This practice has been shown to lead to potential misdiagnosis and disparities in healthcare delivery. For this reason, it is increasingly criticized due to the complex and often inaccurate nature of using race as a biological marker, and the potential for racial bias in medical decision-making. Many experts argue that using race as a sole factor to adjust normal ranges is problematic because race is a social construct, not a biological category, and often fails to account for other factors like socioeconomic status, which can significantly impact health outcomes.

While race-based interpretation of pulmonary function tests is still somewhat prevalent, there is a growing movement to phase it out. Major medical organizations, like the American Thoracic Society, now advocate for the use of race-neutral reference equations, significantly reducing reliance on race in PFT interpretation. This shift is largely due to concerns about racial bias and the recognition that using race as a sole factor in lung function assessment is neither accurate nor equitable.

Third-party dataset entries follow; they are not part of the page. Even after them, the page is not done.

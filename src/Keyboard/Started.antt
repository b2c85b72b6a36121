-- ===== src/Keyboard/Started.antt =====
-- What the start of the keyboard sends, waits for and reports (drivers/keyboard/keyboard.cpp, lines 244
-- to 254).
use bare_metal_programming.Prelude.{
  ℕ, ◌+◌, ◌≤◌, ◌<◌, ◌≡◌, refl, ◌∙◌, ap, arith, inl, inr, Bool, true, false, ◌∷◌, codes,
}
use bare_metal_programming.Interrupts.Logger.{warning}
use bare_metal_programming.Keyboard.Driver.{KeyboardState}
use bare_metal_programming.Keyboard.Start.{
  Wire, data_port, keyboard_timeout, set_leds_command, all_leds_off, flush_keyboard_output_buffer,
  then_send, warn_unless, initialize_keyboard,
}
use bare_metal_programming.Keyboard.Exchange.{
  data_bytes, Polled, IsClear, Sent, send-Sent, flush_loop-Polled,
}
use bare_metal_programming.Output.{Output}
use bare_metal_programming.Output.Arrays.{insert_text}

abbrev pub ready : KeyboardState → KeyboardState
ready k = record k { modifier_state = 0 }

abbrev pub warned : Output → Output
warned log = insert_text (codes "Failed to initialize Keyboard\n") (warning log)

-- The two bytes with the reads `clear_1` and `clear_2` just before them, and the answer to the first.
pub data Started (device : ℕ → ℕ → ℕ) (k : KeyboardState) (w : Wire) (log : Output)
    : KeyboardState × Wire × Output → Type 0 where
  completed :
      (w' : Wire) (clear_1 answer_1 clear_2 answer_2 : ℕ)
      → w'.reads ≤ w.reads + 600002
      → data_bytes w' ≡ (clear_2 + 1, 0x00) ∷ (clear_1 + 1, 0xED) ∷ data_bytes w
      → (w.reads ≤ clear_1)
        × (clear_1 < answer_1)
        × (answer_1 < clear_2)
        × (clear_2 < answer_2)
        × (answer_2 < w'.reads)
      → IsClear device clear_1 × IsClear device clear_2
      → (device answer_1 data_port ≡ 0xFA) × (device answer_2 data_port ≡ 0xFA)
      → Started device k w log (ready k, w', log)
  nothing_sent :
      (w' : Wire)
      → w'.reads ≤ w.reads + 400001
      → data_bytes w' ≡ data_bytes w
      → Started device k w log (ready k, w', warned log)
  first_failed :
      (w' : Wire) (clear_1 : ℕ)
      → w'.reads ≤ w.reads + 400001
      → data_bytes w' ≡ (clear_1 + 1, 0xED) ∷ data_bytes w
      → (w.reads ≤ clear_1) × (clear_1 < w'.reads)
      → IsClear device clear_1
      → Started device k w log (ready k, w', warned log)
  second_unsent :
      (w' : Wire) (clear_1 answer_1 : ℕ)
      → w'.reads ≤ w.reads + 600002
      → data_bytes w' ≡ (clear_1 + 1, 0xED) ∷ data_bytes w
      → (w.reads ≤ clear_1) × (clear_1 < answer_1) × (answer_1 < w'.reads)
      → IsClear device clear_1
      → device answer_1 data_port ≡ 0xFA
      → Started device k w log (ready k, w', warned log)
  second_failed :
      (w' : Wire) (clear_1 answer_1 clear_2 : ℕ)
      → w'.reads ≤ w.reads + 600002
      → data_bytes w' ≡ (clear_2 + 1, 0x00) ∷ (clear_1 + 1, 0xED) ∷ data_bytes w
      → (w.reads ≤ clear_1) × (clear_1 < answer_1) × (answer_1 < clear_2) × (clear_2 < w'.reads)
      → IsClear device clear_1 × IsClear device clear_2
      → device answer_1 data_port ≡ 0xFA
      → Started device k w log (ready k, w', warned log)

module _ (device : ℕ → ℕ → ℕ) (k : KeyboardState) (w : Wire) (log : Output) where
  abbrev result_of : Bool × Wire → KeyboardState × Wire × Output
  result_of r = (ready k, r.1, warn_unless r.0 log)

  second-Started :
      (w0 w1 : Wire) (r : Bool × Wire)
      → Polled 200000 w w0
      → Sent device set_leds_command w0 (true, w1)
      → Sent device all_leds_off w1 r
      → Started device k w log (result_of r)
  unfolding warn_unless
  second-Started w0 w1 (true, w2) p first second =
      let (clear_1, answer_1, at_1, l1, l2, ack_1) = first.success refl in
      let (clear_2, answer_2, at_2, m1, m2, ack_2) = second.success refl in
      completed w2 clear_1 answer_1 clear_2 answer_2 (omega (arith, p.few, first.few, second.few))
        (at_2.bytes
          ∙ ap (λ t. (clear_2 + 1, 0x00) ∷ t)
              (at_1.bytes ∙ ap (λ t. (clear_1 + 1, 0xED) ∷ t) p.quiet))
        (omega (arith, p.forward, at_1.later), l1, omega (arith, at_2.later), m1, omega arith)
        (at_1.is_clear, at_2.is_clear) (ack_1, ack_2)
  second-Started w0 w1 (false, w2) p first second =
      let (clear_1, answer_1, at_1, l1, l2, ack_1) = first.success refl in
      let bytes : data_bytes w1 ≡ (clear_1 + 1, 0xED) ∷ data_bytes w =
        at_1.bytes ∙ ap (λ t. (clear_1 + 1, 0xED) ∷ t) p.quiet in
      let few : w2.reads ≤ w.reads + 600002 = omega (arith, p.few, first.few, second.few) in
      let begin : w.reads ≤ clear_1 = omega (arith, p.forward, at_1.later) in
      elim (second.failure refl) [
        | inl same ↦
            second_unsent w2 clear_1 answer_1 few (same ∙ bytes)
              (begin, l1, omega (arith, second.forward)) at_1.is_clear ack_1
        | inr (clear_2, at_2) ↦
            second_failed w2 clear_1 answer_1 clear_2 few
              (at_2.bytes ∙ ap (λ t. (clear_2 + 1, 0x00) ∷ t) bytes)
              (begin, l1, omega (arith, at_2.later), at_2.before) (at_1.is_clear, at_2.is_clear)
              ack_1
      ]

  first-Started :
      (w0 : Wire) (r : Bool × Wire)
      → Polled 200000 w w0
      → Sent device set_leds_command w0 r
      → Started device k w log (result_of (then_send device all_leds_off r))
  unfolding then_send warn_unless
  first-Started w0 (true, w1) p first =
      second-Started w0 w1 _ p first (send-Sent device all_leds_off w1)
  first-Started w0 (false, w1) p first =
      let few : w1.reads ≤ w.reads + 400001 = omega (arith, p.few, first.few) in
      elim (first.failure refl) [
        | inl same ↦ nothing_sent w1 few (same ∙ p.quiet)
        | inr (clear_1, at_1) ↦
            first_failed w1 clear_1 few (at_1.bytes ∙ ap (λ t. (clear_1 + 1, 0xED) ∷ t) p.quiet)
              (omega (arith, p.forward, at_1.later), at_1.before) at_1.is_clear
      ]

  -- Whatever the controller answers, `initialize_keyboard` ends after at most 600,002 reads with no
  -- modifier held and the rest of the driver's state unchanged. What it writes to the data port is
  -- nothing, 0xED, or 0xED and then 0x00; the last read before each of these bytes found the input
  -- buffer clear; and 0x00 follows only where 0xFA was read after 0xED. It is silent only if 0xFA was
  -- read after 0x00 too, and otherwise it warns.
  pub initialize_keyboard-Started : Started device k w log (initialize_keyboard device k w log)
  unfolding initialize_keyboard flush_keyboard_output_buffer
  initialize_keyboard-Started =
      first-Started _ _ (flush_loop-Polled device keyboard_timeout w)
        (send-Sent device set_leds_command _)
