-- ===== src/Pmm/View.antt =====
-- The bitmap read frame by frame, and the words that the cores load as stretches of frames.
use bare_metal_programming.Prelude.{
  ℕ, zero, suc, ◌+◌, ◌-◌, ◌*◌, ◌/◌, ◌%◌, ◌^◌, ◌<◌, ◌≡◌, refl, ◌∙◌, arith, test_bit, ltb,
  if◌then◌else◌, Bool, inl, inr, Bool-cases, test_bit-fields,
}
use native.Mathlib.Numerals.{towards_suc}
use bare_metal_programming.Pmm.Geometry.{Bitmap, load_8, load}

-- Frame `f` stands in bit `f % 8` of byte `f / 8`; a set bit means that it is used.
abbrev pub frame_used : Bitmap → ℕ → Bool
frame_used b f = test_bit (load_8 b (b.start + f / 8)) (f % 8)

abbrev pub AllBytes : Bitmap → Type 0
AllBytes b = (p : ℕ) → load_8 b p < 2 ^ 8

pub load_bit :
    (b : Bitmap) (n p i : ℕ)
    → AllBytes b
    → i < 8 * n
    → test_bit (load b p n) i ≡ test_bit (load_8 b (p + i / 8)) (i % 8)
unfolding load
load_bit b zero p i bytes h = absurd (omega arith)
load_bit b (suc n) p i bytes h =
    test_bit-fields 8 (load_8 b p) (load b (p + 1) n) i (bytes p)
    ∙ split λ q. load_bit b n (p + 1) (i - 8) bytes q
  where
    split :
        (i - 8 < 8 * n
          → test_bit (load b (p + 1) n) (i - 8)
            ≡ test_bit (load_8 b (p + 1 + (i - 8) / 8)) ((i - 8) % 8))
        → (if ltb i 8 then test_bit (load_8 b p) i else test_bit (load b (p + 1) n) (i - 8))
          ≡ test_bit (load_8 b (p + i / 8)) (i % 8)
    split rest = elim (Bool-cases (ltb i 8)) [
      | inl low ↦
          let bit : i % 8 ≡ i = ground arith in
          let at : p + i / 8 ≡ p = ground arith in rw (low, bit, at) refl
      | inr high ↦
          let bit : i % 8 ≡ (i - 8) % 8 = ground arith in
          let at : p + i / 8 ≡ p + 1 + (i - 8) / 8 = ground arith in
          rw (high, bit, at) (rest (ground arith))
    ]

-- Bit `i` of the word at the byte `o` of the bitmap is the state of frame `8 * o + i`.
pub load-frame_used :
    (b : Bitmap) (n o i : ℕ)
    → AllBytes b
    → i < 8 * n
    → test_bit (load b (b.start + o) n) i ≡ frame_used b (8 * o + i)
load-frame_used b n o i bytes h =
    let bit : (8 * o + i) % 8 ≡ i % 8 = omega arith in
    let at : b.start + (8 * o + i) / 8 ≡ b.start + o + i / 8 = omega arith in
    rw (bit, at) (load_bit b n (b.start + o) i bytes h)

pub load-lt : (b : Bitmap) (p n : ℕ) → AllBytes b → load b p n < 2 ^ (8 * n)
unfolding load
load-lt b p zero bytes = omega arith
load-lt b p (suc n) bytes =
    let exponent : 8 * suc n ≡ 8 + 8 * n = omega arith in
    rw (exponent, pow-add-eight (8 * n)) (omega (arith, bytes p, load-lt b (p + 1) n bytes))
  where
    pow-add-eight : (k : ℕ) → 2 ^ (8 + k) ≡ 2 ^ k * 2 ^ 8
    pow-add-eight k =
        let index : 8 + k ≡ k + 8 = omega arith in rw index (simp towards_suc (omega arith))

To give an expert perspective on this topic, we have two guests today:

Dr. Albert Rizzo:
Dr. Meredith McCormack is Professor of Medicine in the Division of Pulmonary and Critical Care at the Johns Hopkins School of Medicine and Environmental Health Services at the Johns Hopkins Bloomberg School of Public Health. Dr. McCormack has clinical expertise in asthma and COPD, as well as pulmonary physiology and pulmonary function testing. She serves as Medical Director of the Johns Hopkins University Pulmonary Function Lab and is the immediate past chair of the American Thoracic Society Committee for Proficiency Standards in Pulmonary Function Testing.

Dr. Albert Rizzo:
We also have with us today Dr. Loretta Quay, Professor of Medicine at Duke University. She serves as Chief of the Division of Pulmonary, Allergy, and Critical Care Medicine and is the current Principal Investigator of the American Lung Association Clinical Research Center Program at Duke. Dr. Quay has clinical expertise in asthma and COPD and is a clinical translational researcher studying mechanisms underlying airway remodeling and airway inflammation in asthma. She also serves on the American Thoracic Society Committee for Proficiency Standards in Pulmonary Function Testing and is an ad hoc member of the National Heart, Lung, and Blood Institute.

Dr. Meredith McCormack & Dr. Loretta Quay:
Thank you for inviting us.

Dr. Albert Rizzo:
Now, welcome back. In 1840, John Hutchinson, a surgeon, recognized that the volume of air that can be exhaled from fully inflated lungs is a powerful indicator of longevity. As a result, he invented the spirometer to measure what he called “vital capacity” or the capacity to live.

Much later, the concept of the timed vital capacity, which became known as the FEV1, was added. Together, these two numbers—vital capacity and FEV1—are useful in identifying patients at risk of many diseases, including COPD, lung cancer, heart attack, stroke, and all-cause mortality.

As more data was collected, it was noted that vital capacity increased with height, declined with age in adulthood, differed between sexes, and varied by occupation, for example, sedentary versus active jobs. Another early and consistent observation was that vital capacity varied between social classes. Subsequently, descriptions ascribed to social class were overtaken by studies focused on population differences based on the social and political construct of race. Average vital capacity for the same sex, height, and age was reported to be lower in non-white compared with white groups, although some investigators argued for environmental sources for these differences, such as early-life nutrition, respiratory illness, air pollution, exercise, or altitude.

The mechanisms and quantification of these effects were not systematically pursued. Rather, a narrative of innate racial differences took hold.

Dr. Albert Rizzo:
As a starting point for today’s discussion, I would like our experts to tell us about the GLI, or the Global Lung Function Initiative, and its role in moving toward race-neutral equations.

Dr. Meredith McCormack:
The Global Lung Function Initiative is an international collaboration of physicians, physiologists, researchers, and industry partners. They formed a network around 2008 to improve how lung function is reported and interpreted across all age groups globally. This network has become the largest resource of reference values for routine lung function testing.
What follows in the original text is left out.